# Baby Bowie's Journal



## bl0ndern (Aug 18, 2017)

Hello Everyone,

This is my first real time being on a blogging site. I see all these journals and I'd like to start my own for my baby boy Bowie. Honestly I'm still new to betta fish and I don't even know how to describe what type of betta fish Bowie is. I mean, maybe he's too young to really identify his fin type. Shoot, I'm not even sure if he is a boy or girl! I'll tell you the story of how Bowie came to be:

Sometime last week, my boyfriend and I, were discussing adding a "new addition" to our family. We currently have two dogs and live in an apartment. I've always been fascinated & sad for the betta fish I've seen at Petco. We each decided to get a betta fish. I wish I had done more research before buying our betta. I bought Bowie advertised as a "baby boy." He seemed to be dark red in the pet store.
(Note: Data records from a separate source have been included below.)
-- ===== src/LocalSockets/Internet/Closing.antt =====
-- Sockets/TCP_afinet: both programs clean up, whatever fails.
use eltex_lessons.Base.{
  ℕ, ◌≤◌, ◌≡◌, refl, ◌∙◌, Bool, true, false, Option, none, some, [], ◌∷◌, arith, length,
}
use eltex_lessons.Text.{Bytes, codes, before}
use eltex_lessons.LocalSockets.{World, Calls, socket_made, close_socket}
use eltex_lessons.LocalSockets.Cleanup.{close_one, close_two}
use eltex_lessons.LocalSockets.Internet.{
  buffer_length, print_if_read, send_if_ok, inet_accept, inet_listen, inet_bind, inet_tcp_server,
  inet_connect, inet_tcp_client,
}

-- The descriptors are those of before, the socket file is there or not as `f` says; and if the
-- status is 1, nothing has been printed.
pub record Closed (f : Bool) (w : World) (r : World × ℕ) : Type 0 where
  pub closed : r.0.open_fds ≡ w.open_fds
  pub path : r.0.file ≡ f
  pub unprinted : r.1 ≡ 1 → r.0.printed ≡ w.printed

-- The same, where the print runs over the buffer only for a datagram that fills it.
abbrev pub ClosedOr : Calls → World → Option (World × ℕ) → Type 0
ClosedOr c w none = (text : Bytes) × (c.read ≡ some text) × (buffer_length ≤ length (before 0 text))
ClosedOr c w (some r) = Closed w.file w r

-- Two calls of a program keep descriptors and the file.
pub print_fds : (r : Option Bytes) (w : World) → (print_if_read r w).open_fds ≡ w.open_fds
print_fds none w = refl
print_fds (some []) w = refl
print_fds (some (b ∷ bs)) w = refl

pub print_file : (r : Option Bytes) (w : World) → (print_if_read r w).file ≡ w.file
print_file none w = refl
print_file (some []) w = refl
print_file (some (b ∷ bs)) w = refl

pub send_fds :
    (ok : Bool) (fd : ℕ) (text : Bytes) (w : World)
    → (send_if_ok ok fd text w).open_fds ≡ w.open_fds
send_fds true fd text w = refl
send_fds false fd text w = refl

pub send_file :
    (ok : Bool) (fd : ℕ) (text : Bytes) (w : World) → (send_if_ok ok fd text w).file ≡ w.file
send_file true fd text w = refl
send_file false fd text w = refl

pub send_printed :
    (ok : Bool) (fd : ℕ) (text : Bytes) (w : World) → (send_if_ok ok fd text w).printed ≡ w.printed
send_printed true fd text w = refl
send_printed false fd text w = refl

-- The end of a program with one descriptor open, behind a failure and otherwise.
pub failed_end :
    (fd : ℕ) (w u : World)
    → u.open_fds ≡ fd ∷ w.open_fds
    → u.printed ≡ w.printed
    → Closed u.file w (close_socket fd u, 1)
failed_end fd w u fds same = record {
  closed = close_one fd u.open_fds w.open_fds fds;
  path = refl;
  unprinted = λ e. same;
}

good_end :
    (fd : ℕ) (w u : World) → u.open_fds ≡ fd ∷ w.open_fds → Closed u.file w (close_socket fd u, 0)
good_end fd w u fds = record {
  closed = close_one fd u.open_fds w.open_fds fds;
  path = refl;
  unprinted = λ e. absurd (omega arith);
}

inet_accept_lem :
    (a : Option ℕ) (c : Calls) (fd : ℕ) (w : World)
    → Closed w.file w (inet_accept a c fd (socket_made fd w))
unfolding inet_accept
inet_accept_lem none c fd w = failed_end fd w (socket_made fd w) refl refl
inet_accept_lem (some client) c fd w =
    let read = print_if_read c.read (socket_made client (socket_made fd w)) in
    let said = send_if_ok c.write_ok client (codes "Hi!") read in
    let fds : said.open_fds ≡ client ∷ fd ∷ w.open_fds =
      send_fds c.write_ok client (codes "Hi!") read
      ∙ print_fds c.read (socket_made client (socket_made fd w)) in
    record {
      closed = close_two fd client said.open_fds w.open_fds fds;
      path =
          send_file c.write_ok client (codes "Hi!") read
          ∙ print_file c.read (socket_made client (socket_made fd w));
      unprinted = λ e. absurd (omega arith);
    }

pub inet_tcp_server_lem :
    (s : Option ℕ) (c : Calls) (w : World) → Closed w.file w (inet_tcp_server s c w)
unfolding inet_tcp_server
inet_tcp_server_lem none c w = record { closed = refl; path = refl; unprinted = λ e. refl }
inet_tcp_server_lem (some fd) c w = at_bind c.bind_ok
  where
    at_listen : (b : Bool) → Closed w.file w (inet_listen b c fd (socket_made fd w))
    at_listen false = unfold inet_listen in failed_end fd w (socket_made fd w) refl refl
    at_listen true = unfold inet_listen in inet_accept_lem c.accept c fd w

    at_bind : (b : Bool) → Closed w.file w (inet_bind b c fd (socket_made fd w))
    at_bind false = unfold inet_bind in failed_end fd w (socket_made fd w) refl refl
    at_bind true = unfold inet_bind in at_listen c.listen_ok

pub inet_tcp_client_lem :
    (s : Option ℕ) (c : Calls) (w : World) → Closed w.file w (inet_tcp_client s c w)
unfolding inet_tcp_client
inet_tcp_client_lem none c w = record { closed = refl; path = refl; unprinted = λ e. refl }
inet_tcp_client_lem (some fd) c w = at_connect c.connect_ok
  where
    said : World
    said = send_if_ok c.write_ok fd (codes "Hello!") (socket_made fd w)

    at_connect : (b : Bool) → Closed w.file w (inet_connect b c fd (socket_made fd w))
    at_connect false = unfold inet_connect in failed_end fd w (socket_made fd w) refl refl
    at_connect true =
        unfold inet_connect in
        record {
          closed =
              close_one fd (print_if_read c.read said).open_fds w.open_fds (
                print_fds c.read said ∙ send_fds c.write_ok fd (codes "Hello!") (socket_made fd w));
          path =
              print_file c.read said ∙ send_file c.write_ok fd (codes "Hello!") (socket_made fd w);
          unprinted = λ e. absurd (omega arith);
        }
He was originally set-up in a 2.5 gallon tank with terrible rainbow gravel (I thought it would be cute? I don't know what I was thinking). He had this artistic cube decor and a fake floating lily pad to lay on. He got a Aqueon® QuietFlow Internal Power Filter & temperature gauge. I bought terribe meal based pellet food & freeze dried blood worms. I also got all the water conditioner & water testing kits. I didn't originally buy a heater because I thought my apartment temperature would be good enough. The temperature in the tank did generally stay above 72 degrees, but I just noticed Bowie seemed depressed and not moving too much. I found him hiding behind the internal filter constantly. I'm pretty sure that he did not like the current that the filter was creating. About a week later and after hours of research I upgraded him and he is so much happier!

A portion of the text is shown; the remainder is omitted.